Arrangements for Tax
Receiving an Award, exercising an Award, vesting, and buyback right lapsing are all conditioned on the Participant making any arrangements the Administrator requires for covering tax obligations under Applicable Law. The Company will not issue Stock until tax obligations are covered.
As Applicable Law permits, the Administrator may allow a Participant to cover all or part of their tax obligations through a Cashless Exercise Program, by surrendering shares of Stock they already own, or both. Unless the Company gives specific permission, each transaction under a Cashless Exercise Program must either be broker-assisted or limited to avoid financial accounting charges, and the Participant must have held shares surrendered under a Cashless Exercise Program for enough time to avoid financial accounting charges. Applicable Law may impose other restrictions.
Subject to any stockholder approval required by Applicable Law, all Stock Details and Amounts under this plan will be automatically adjusted, proportionally, whenever the Company makes a Corporate Change Affecting Stock.
Adjustment by the Administrator
The Administrator may adjust any Stock Details and Amounts as it thinks appropriate whenever the Company does a Reorganization.

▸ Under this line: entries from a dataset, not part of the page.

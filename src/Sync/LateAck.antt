-- ===== src/Sync/LateAck.antt =====
-- A snapshot of sync/sync.service.ts that already includes a debit, and the acknowledgement of that
-- debit which outbox/outbox.processor.ts gets only afterwards.
use hcm.Prelude.{
  find, Bool, List, Option, ap, ◌≡◌, refl, ◌∙◌, false, true, some, String, ◌==◌, any, ℕ, ◌≤◌, ℤ,
  ◌+ℤ◌, arith, subst,
}
use text.Mathlib.TextPositions.{eq_refl}
use hcm.Common.Enums.{RequestStatus, OutboxType, LedgerPhase}
use hcm.Common.Reconciliation.{is_absorbed}
use hcm.Hcm.Core.{Answer, ApplyDeltaAck}
use hcm.Database.{OutboxMessage, TimeOffRequest, BalanceLedgerEntry, Db}
use hcm.Database.Orm.{Orm, IsOrm, standard, orm_path, SumsByPhase}
use hcm.Balances.{compute_components, commit_reservation, release_reservation}
use hcm.Processor.{Draws, is_request, outcome}
use hcm.Processor.Settled.{standard-Settles, acked}
use hcm.Sync.{SyncDraws, HcmBalanceUpdate, reconcile_key, balance_for}
use hcm.Sync.Again.{dropped_if_old}

-- The debit is subtracted although the snapshot has it, and the snapshot is not taken again.
abbrev pub CountedTwice :
    Orm
    → (String → ℕ)
    → Draws
    → SyncDraws
    → OutboxMessage
    → ApplyDeltaAck
    → HcmBalanceUpdate
    → Db
    → Type 0
CountedTwice orm parse_date draws drawn msg ack u db =
    let db' = outcome orm draws msg (Answer.returns ack) db in
    let before = compute_components orm u.employee_id u.location_id db in
    let after = compute_components orm u.employee_id u.location_id db' in
    let (r, again) = reconcile_key orm parse_date drawn u db' in
    (after.hcm_balance ≡ before.hcm_balance)
    × (after.committed_pending ≡ before.committed_pending +ℤ msg.payload.amount)
    × (is_absorbed u.version
          (record { id = draws.entry; amount = msg.payload.amount; hcm_version = some ack.version })
        ≡ true)
    × (r.applied ≡ false)
    × (again ≡ db')

module _ (totals : (BalanceLedgerEntry → Bool) → List BalanceLedgerEntry → List (LedgerPhase × ℤ))
    (sums : SumsByPhase totals) (parse_date : String → ℕ) where
  abbrev store : Orm
  store = standard totals

  -- The watermark of a key, in tables with the same balances.
  same_watermark :
      (u : HcmBalanceUpdate) (db db' : Db)
      → db'.balances ≡ db.balances
      → (balance_for store parse_date u db').last_reconciled_version
        ≡ (balance_for store parse_date u db).last_reconciled_version
  unfolding balance_for
  same_watermark u db db' same = rw same refl

  kept_balances :
      (uuid id e l : String) (amount : ℤ) (version : Option ℕ) (db : Db)
      → (commit_reservation store uuid id e l amount version db).balances ≡ db.balances
  unfolding commit_reservation release_reservation
  kept_balances uuid id e l amount version db = refl

  standard-CountedTwice :
      (draws : Draws) (drawn : SyncDraws) (msg : OutboxMessage) (ack : ApplyDeltaAck)
      (q : TimeOffRequest) (u : HcmBalanceUpdate) (db : Db)
      → msg.type ≡ OutboxType.debit
      → find (is_request msg.request_id) db.requests ≡ some q
      → q.status ≡ RequestStatus.approved
      → q.employee_id ≡ u.employee_id
      → q.location_id ≡ u.location_id
      → any (λ r. r.id == draws.entry) db.ledger ≡ false
      → ack.version ≤ u.version
      → u.version ≤ (balance_for store parse_date u db).last_reconciled_version
      → CountedTwice store parse_date draws drawn msg ack u db
  unfolding is_absorbed
  standard-CountedTwice draws drawn msg ack q u db debit found approved at_e at_l fresh included
        reconciled =
      let db' = outcome store draws msg (Answer.returns ack) db in
      let settled =
        (standard-Settles totals sums draws msg q db debit found approved fresh).0 ack in
      let moved = settled.1 u.employee_id u.location_id in
      let balances =
        (acked store draws msg q db ack debit found approved).1
        ∙ kept_balances draws.entry q.id q.employee_id q.location_id msg.payload.amount
            (some ack.version) db in
      let dropped =
        dropped_if_old totals parse_date drawn u db'
          (rw (same_watermark u db db' balances) reconciled) in
      (
        ap (λ c. c.hcm_balance) moved,
        ap (λ c. c.committed_pending) moved
            ∙ rw (at_e, at_l, eq_refl u.employee_id, eq_refl u.location_id) refl,
        ground (arith, included),
        dropped.0,
        dropped.1,
      )

-- A snapshot that was reconciled before the acknowledgement of a debit which it already includes: the
-- acknowledgement makes the debit pending at the cached balance of the snapshot, so that its days are
-- subtracted twice. The snapshot, or any one up to the cached version, does not mend it when it comes
-- again: it would absorb the debit, but is dropped. The id drawn for the entry is new.
pub late_ack-CountedTwice :
    (orm : Orm)
    → IsOrm orm
    → (parse_date : String → ℕ) (draws : Draws) (drawn : SyncDraws) (msg : OutboxMessage)
      (ack : ApplyDeltaAck) (q : TimeOffRequest) (u : HcmBalanceUpdate) (db : Db)
    → msg.type ≡ OutboxType.debit
    → orm.find_one TimeOffRequest (is_request msg.request_id) db.requests ≡ some q
    → q.status ≡ RequestStatus.approved
    → q.employee_id ≡ u.employee_id
    → q.location_id ≡ u.location_id
    → any (λ r. r.id == draws.entry) db.ledger ≡ false
    → ack.version ≤ u.version
    → u.version ≤ (balance_for orm parse_date u db).last_reconciled_version
    → CountedTwice orm parse_date draws drawn msg ack u db
late_ack-CountedTwice orm laws parse_date draws drawn msg ack q u db debit found approved at_e at_l
      fresh included reconciled =
    subst
      (λ o.
        o.find_one TimeOffRequest (is_request msg.request_id) db.requests ≡ some q
        → u.version ≤ (balance_for o parse_date u db).last_reconciled_version
        → CountedTwice o parse_date draws drawn msg ack u db)
      (orm_path orm laws)
      (λ seen taken.
        standard-CountedTwice orm.phase_totals laws.sums_by_phase parse_date draws drawn msg ack q u
          db debit seen approved at_e at_l fresh included taken)
      found reconciled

The Administrator's decisions are final.
No Other Adjustments
Otherwise, the fact that the Company issues Stock or securities convertible to Stock will not affect or prompt any adjustment to any Stock Details and Amounts under any Award.
Effect on Additional Stock
Whenever a Corporate Change Affecting Stock or Reorganization leads to an adjustment of a Participant's Award or Award Packet so that it covers more or different securities, those securities are subject to the same terms.

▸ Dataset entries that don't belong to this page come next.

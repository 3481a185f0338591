-- ===== src/Sync/Ledger.antt =====
-- What a reconciliation of sync/sync.service.ts does to the sums over the ledger.
use hcm.Prelude.{
  ◌≡◌, refl, true, false, not, ◌&&◌, String, ◌==◌, has, eq_iff, any, All, All-mono₂, Bool, List, [],
  ◌∷◌, map, filter, sum_by, Bool-cases, inl, inr, arith, ℕ, All-mono,
}
use hcm.Common.Enums.{LedgerPhase, LedgerState}
use hcm.Common.Reconciliation.{CommittedEntry, is_absorbed}
use hcm.Database.{BalanceLedgerEntry}
use hcm.Database.Orm.{update_rows}
use hcm.Balances.Sums.{counts, sum_where}
use hcm.Sync.{is_active_in, committed_entry}

-- The `id` is the primary key of the ledger.
abbrev pub UniqueIds : List BalanceLedgerEntry → Type 0
UniqueIds [] = Unit
UniqueIds (r ∷ rows) = (any (λ s. s.id == r.id) rows ≡ false) × UniqueIds rows

abbrev pub reconciled : BalanceLedgerEntry → BalanceLedgerEntry
reconciled r = record r { state = LedgerState.reconciled }

abbrev pub entries : String → String → List BalanceLedgerEntry → List CommittedEntry
entries e l rows = map committed_entry (filter (is_active_in e l LedgerPhase.commit) rows)

-- The same selection, spelled as in the sums.
active_counts :
    (e l : String) (phase : LedgerPhase) (r : BalanceLedgerEntry)
    → is_active_in e l phase r ≡ counts e l phase r
active_counts e l phase r = ground arith

pub filter-active :
    (e l : String) (phase : LedgerPhase) (rows : List BalanceLedgerEntry)
    → filter (is_active_in e l phase) rows ≡ filter (counts e l phase) rows
filter-active e l phase [] = refl
filter-active e l phase (r ∷ rows) =
    rw (active_counts e l phase r, filter-active e l phase rows) refl

-- An update after which no touched row counts leaves the rows that it did not touch.
sum_where-untouched :
    (p where_ : BalanceLedgerEntry → Bool) (f : BalanceLedgerEntry → BalanceLedgerEntry)
    → ((r : BalanceLedgerEntry) → p (f r) ≡ false)
    → (rows : List BalanceLedgerEntry)
    → sum_where p (update_rows where_ f rows) ≡ sum_where (λ r. p r && not (where_ r)) rows
sum_where-untouched p where_ f out [] = refl
sum_where-untouched p where_ f out (r ∷ rows) =
    let rest = sum_where-untouched p where_ f out rows in
    elim (Bool-cases (where_ r)) [
      | inl hit ↦ elim (Bool-cases (p r)) [
        | inl e ↦ rw (hit, e, out r) rest
        | inr e ↦ rw (hit, e, out r) rest
      ]
      | inr missed ↦ elim (Bool-cases (p r)) [
        | inl e ↦ rw (missed, e, rest) refl
        | inr e ↦ rw (missed, e) rest
      ]
    ]

no_longer_counts :
    (e l : String) (phase : LedgerPhase) (r : BalanceLedgerEntry)
    → counts e l phase (reconciled r) ≡ false
no_longer_counts e l phase r = ground arith

-- The entries that are marked RECONCILED leave each sum.
pub sum_where-reconciled :
    (e l : String) (phase : LedgerPhase) (ids : List String) (rows : List BalanceLedgerEntry)
    → sum_where (counts e l phase) (update_rows (λ r. has r.id ids) reconciled rows)
      ≡ sum_where (λ r. counts e l phase r && not (has r.id ids)) rows
sum_where-reconciled e l phase ids =
    sum_where-untouched (counts e l phase) (λ r. has r.id ids) reconciled
      (no_longer_counts e l phase)

-- Leaving out rows that are not in a sum anyway.
sum_where-left_out :
    (p out : BalanceLedgerEntry → Bool) (rows : List BalanceLedgerEntry)
    → All (λ r. p r ≡ true → out r ≡ false) rows
    → sum_where (λ r. p r && not (out r)) rows ≡ sum_where p rows
sum_where-left_out p out [] h = refl
sum_where-left_out p out (r ∷ rows) h =
    let rest = sum_where-left_out p out rows h.1 in
    elim (Bool-cases (p r)) [ inl e ↦ rw (e, h.0 e, rest) refl | inr e ↦ rw e rest ]

pub pending_kept :
    (e l : String) (ids : List String) (rows : List BalanceLedgerEntry)
    → sum_where (λ r. counts e l LedgerPhase.commit r && not (has r.id ids)) rows
      ≡ sum_by
          (λ (c : CommittedEntry). c.amount)
          (filter (λ (c : CommittedEntry). not (has c.id ids)) (entries e l rows))
pending_kept e l ids [] = refl
pending_kept e l ids (r ∷ rows) =
    rw (active_counts e l LedgerPhase.commit r) (ground (arith, pending_kept e l ids rows))

-- The ids that a snapshot of this version absorbs, as a list.
abbrev pub absorbed : ℕ → String → String → List BalanceLedgerEntry → List String
absorbed version e l rows =
    map (λ (c : CommittedEntry). c.id) (filter (is_absorbed version) (entries e l rows))

absorbed_seen :
    (version : ℕ) (e l x : String) (rows : List BalanceLedgerEntry)
    → has x (absorbed version e l rows) ≡ true
    → any (λ r. r.id == x) rows ≡ true
absorbed_seen version e l x [] h = h
absorbed_seen version e l x (r ∷ rows) h = ground (arith, absorbed_seen version e l x rows)

-- An id that only a hold has.
abbrev Clear : List String → BalanceLedgerEntry → Type 0
Clear ids r = r.phase ≡ LedgerPhase.reserve → has r.id ids ≡ false

others :
    (x : String) (rows : List BalanceLedgerEntry)
    → any (λ s. s.id == x) rows ≡ false
    → All (λ (s : BalanceLedgerEntry). x == s.id ≡ false) rows
others x [] h = tt
others x (s ∷ rows) h = (ground (arith, eq_iff x s.id, eq_iff s.id x), others x rows (ground arith))

-- With unique ids no hold has the id of an entry that a snapshot absorbs.
holds-Clear :
    (version : ℕ) (e l : String) (rows : List BalanceLedgerEntry)
    → UniqueIds rows
    → All (Clear (absorbed version e l rows)) rows
holds-Clear version e l [] u = tt
holds-Clear version e l (r ∷ rows) u = (
  λ is_hold. elim (Bool-cases (has r.id (absorbed version e l rows))) [
    | inl seen ↦ let there = absorbed_seen version e l r.id rows seen in absurd (cc (there, u.0))
    | inr unseen ↦ ground (arith, unseen, is_hold)
  ],
  All-mono₂ rows
      (λ (s : BalanceLedgerEntry) clear differs is_hold. ground (arith, clear is_hold, differs))
      (holds-Clear version e l rows u.1) (others r.id rows u.0),
)

hold_phase :
    (e l : String) (r : BalanceLedgerEntry)
    → counts e l LedgerPhase.reserve r ≡ true
    → r.phase ≡ LedgerPhase.reserve
hold_phase e l r h = ground arith

-- The holds that a snapshot leaves: all of them.
pub reserved_kept :
    (version : ℕ) (e l : String) (rows : List BalanceLedgerEntry)
    → UniqueIds rows
    → sum_where
        (λ r. counts e l LedgerPhase.reserve r && not (has r.id (absorbed version e l rows)))
        rows
      ≡ sum_where (counts e l LedgerPhase.reserve) rows
reserved_kept version e l rows u =
    sum_where-left_out (counts e l LedgerPhase.reserve) (λ r. has r.id (absorbed version e l rows))
      rows
      (All-mono rows (λ (r : BalanceLedgerEntry) clear counted. clear (hold_phase e l r counted))
        (holds-Clear version e l rows u))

Dissolution and Liquidation
Unless the Administrator decides differently, every Award terminates immediately before the Company dissolves or liquidates.
The Administrator will decide how to treat each Award whenever the Company does a Corporate Transaction, without consent from any Participant. The Administrator may treat Awards differently. For example, the Administrator may decide that:
The Company, if it survives the Corporate Transaction, will continue an outstanding Award.

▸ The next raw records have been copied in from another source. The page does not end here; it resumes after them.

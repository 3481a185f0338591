-- ===== src/Sync/Shown.antt =====
-- The sums that a reconciliation of sync/sync.service.ts reads, and what its result says of them.
use hcm.Prelude.{
  ◌≡◌, refl, true, false, not, ◌&&◌, String, has, to_set, has-to_set, List, [], ◌∷◌, map, filter,
  sum_by, reduce_sum, reduce_sum-eq-sum_by, ap, sym, ◌∙◌, ℕ, Bool, leb,
}
use hcm.Common.Enums.{LedgerPhase}
use hcm.Common.BalanceMath.{BalanceComponents, compute_available}
use hcm.Common.Reconciliation.{
  CommittedEntry, ReconcileInput, ReconcileResult, reconcile, previous_components, new_components,
  matched_ids, pending_sum, unmatched,
}
use hcm.Database.{BalanceLedgerEntry}
use hcm.Database.Orm.{update_rows}
use hcm.Balances.Sums.{active_sum, counts, sum_where}
use hcm.Sync.{is_active_in, committed_entry}
use hcm.Sync.Ledger.{
  UniqueIds, entries, absorbed, reconciled, filter-active, pending_kept, reserved_kept,
}

-- The view of the key before and after the reconciliation, beside its result.
abbrev pub ShowsResult : BalanceComponents → BalanceComponents → ReconcileResult → Type 0
ShowsResult before after r =
    (compute_available before ≡ r.previous_available)
    × (compute_available after ≡ r.new_available)
    × (after.hcm_balance ≡ r.new_hcm_balance)
    × (after.committed_pending ≡ r.committed_pending_after)
    × (after.reserved_open ≡ before.reserved_open)

sum_by-entries :
    (rows : List BalanceLedgerEntry)
    → sum_by (λ (c : CommittedEntry). c.amount) (map committed_entry rows)
      ≡ sum_by (λ (r : BalanceLedgerEntry). r.amount) rows
sum_by-entries [] = refl
sum_by-entries (r ∷ rows) = rw (sum_by-entries rows) refl

-- What is pending by the list is pending by the ledger.
pub pending_sum-entries :
    (e l : String) (rows : List BalanceLedgerEntry)
    → pending_sum (entries e l rows) ≡ active_sum e l LedgerPhase.commit rows
unfolding pending_sum
pending_sum-entries e l rows =
    reduce_sum-eq-sum_by (λ (c : CommittedEntry). c.amount) (entries e l rows)
    ∙ sum_by-entries (filter (is_active_in e l LedgerPhase.commit) rows)
    ∙ ap (sum_by (λ (r : BalanceLedgerEntry). r.amount)) (filter-active e l LedgerPhase.commit rows)

pub held-rows :
    (e l : String) (rows : List BalanceLedgerEntry)
    → reduce_sum
        (λ (r : BalanceLedgerEntry). r.amount)
        (filter (is_active_in e l LedgerPhase.reserve) rows)
      ≡ active_sum e l LedgerPhase.reserve rows
held-rows e l rows =
    reduce_sum-eq-sum_by (λ (r : BalanceLedgerEntry). r.amount) _
    ∙ ap (sum_by (λ (r : BalanceLedgerEntry). r.amount))
        (filter-active e l LedgerPhase.reserve rows)

-- Marking nothing.
pub marked_none :
    (rows : List BalanceLedgerEntry) → update_rows (λ r. has r.id []) reconciled rows ≡ rows
marked_none [] = refl
marked_none (r ∷ rows) = cc (marked_none rows)

-- The holds that are left, as the input lists them.
pub held_after :
    (version : ℕ) (e l : String) (rows : List BalanceLedgerEntry)
    → UniqueIds rows
    → sum_where
        (λ r.
          counts e l LedgerPhase.reserve r && not (has r.id (to_set (absorbed version e l rows))))
        rows
      ≡ reduce_sum
          (λ (r : BalanceLedgerEntry). r.amount)
          (filter (is_active_in e l LedgerPhase.reserve) rows)
held_after version e l rows unique =
    ap
      (λ (seen : String → Bool).
        sum_where (λ r. counts e l LedgerPhase.reserve r && not (seen r.id)) rows)
      (λ k x. has-to_set x (absorbed version e l rows) k)
    ∙ reserved_kept version e l rows unique
    ∙ sym (held-rows e l rows)

-- The debits that are left, as the result counts them.
pub pending_after :
    (version : ℕ) (e l : String) (rows : List BalanceLedgerEntry)
    → sum_where
        (λ r.
          counts e l LedgerPhase.commit r && not (has r.id (to_set (absorbed version e l rows))))
        rows
      ≡ pending_sum (unmatched version (entries e l rows))
unfolding pending_sum unmatched matched_ids
pending_after version e l rows =
    pending_kept e l (to_set (absorbed version e l rows)) rows
    ∙ sym (
        reduce_sum-eq-sum_by (λ (c : CommittedEntry). c.amount)
          (unmatched version (entries e l rows)))

pub not_applied :
    (i : ReconcileInput)
    → leb i.authoritative_version i.last_reconciled_version ≡ true
    → (reconcile i).applied ≡ false
unfolding reconcile
not_applied i old = rw old refl

pub is_applied :
    (i : ReconcileInput)
    → leb i.authoritative_version i.last_reconciled_version ≡ false
    → (reconcile i).applied ≡ true
unfolding reconcile
is_applied i newer = rw newer refl

pub shows_stale :
    (i : ReconcileInput)
    → leb i.authoritative_version i.last_reconciled_version ≡ true
    → ShowsResult (previous_components i) (previous_components i) (reconcile i)
unfolding reconcile previous_components
shows_stale i old = rw old (refl, refl, refl, refl, refl)

pub shows_applied :
    (i : ReconcileInput)
    → leb i.authoritative_version i.last_reconciled_version ≡ false
    → ShowsResult (previous_components i) (new_components i) (reconcile i)
unfolding reconcile previous_components new_components
shows_applied i newer = rw newer (refl, refl, refl, refl, refl)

A corporation that survives the Corporate Transaction, or its parent company, will continue an outstanding Award.
A corporation that survives the Corporate Transaction, or its parent company, will substitute a new option or equity award for an Award.
The Company will cancel the Award in exchange for payment of the amount by which the Fair Market Value of the Stock under the Award exceeds the exercise price or purchase price under the Award on the day it is exchanged.
The Company will cancel the Award for nothing.
Transfer Limits on Awards
No Award Transfer
Other than under Transfer by Will and Inheritance, While the Company Relies on 12h-1(f),and Transfers to Trusts, Award Transfer is not allowed.
Transfer by Will and Inheritance
Award Transfer by will or under inheritance law is allowed.
While the Company Relies on 12h-1(f)
With four exceptions, Award Transfer of an Option, or any Stock under any Option, is not allowed while the Company relies on the securities law exemption under Rule 12h-1(f). The Board alone will decide when the Company is relying on that exemption. The exceptions are:
transfer to Family Members by gift or under domestic relations orders
transfer to a Participant's executor on death
transfer to a Participant's guardian on disability
per Rule 12h-1(f), Board-approved transfer of Nonstatutory Stock Options to the Company in connection with an acquisition transaction
Rule 12h-1(f) Disclosures
Per Rule 12h-1(f), the Company will provide each Participant the information required by Rule 701(e)(3), (4), and (5) of the Securities Act whenever the Company relies on the securities law exemption under Rule 12h-1(f). The Company may request that each Participant keep that information confidential. If a Participant refuses to keep the information confidential, the Company will provide no more information than required by Rule 12h-1(f).
Transfers to Trusts
The Administrator may allow a Participant to transfer a Nonstatutory Stock Option to a living trust or will trust, so long as the trust is set up to gift the Nonstatutory Stock Option to Family Members or pass it to beneficiaries when the maker of the trust dies.
Transfer Limits on Stock
No Transferring Stock
Stock Transfer is not allowed without the Company's advance written permission. The Company may refuse permission for a Stock Transfer for any reason.
Any attempted Stock Transfer in violation of this plan has no legal effect. The Company will neither transfer Stock on its books or with its transfer agent, nor treat the attempted recipient the as if they had rights as a stockholder.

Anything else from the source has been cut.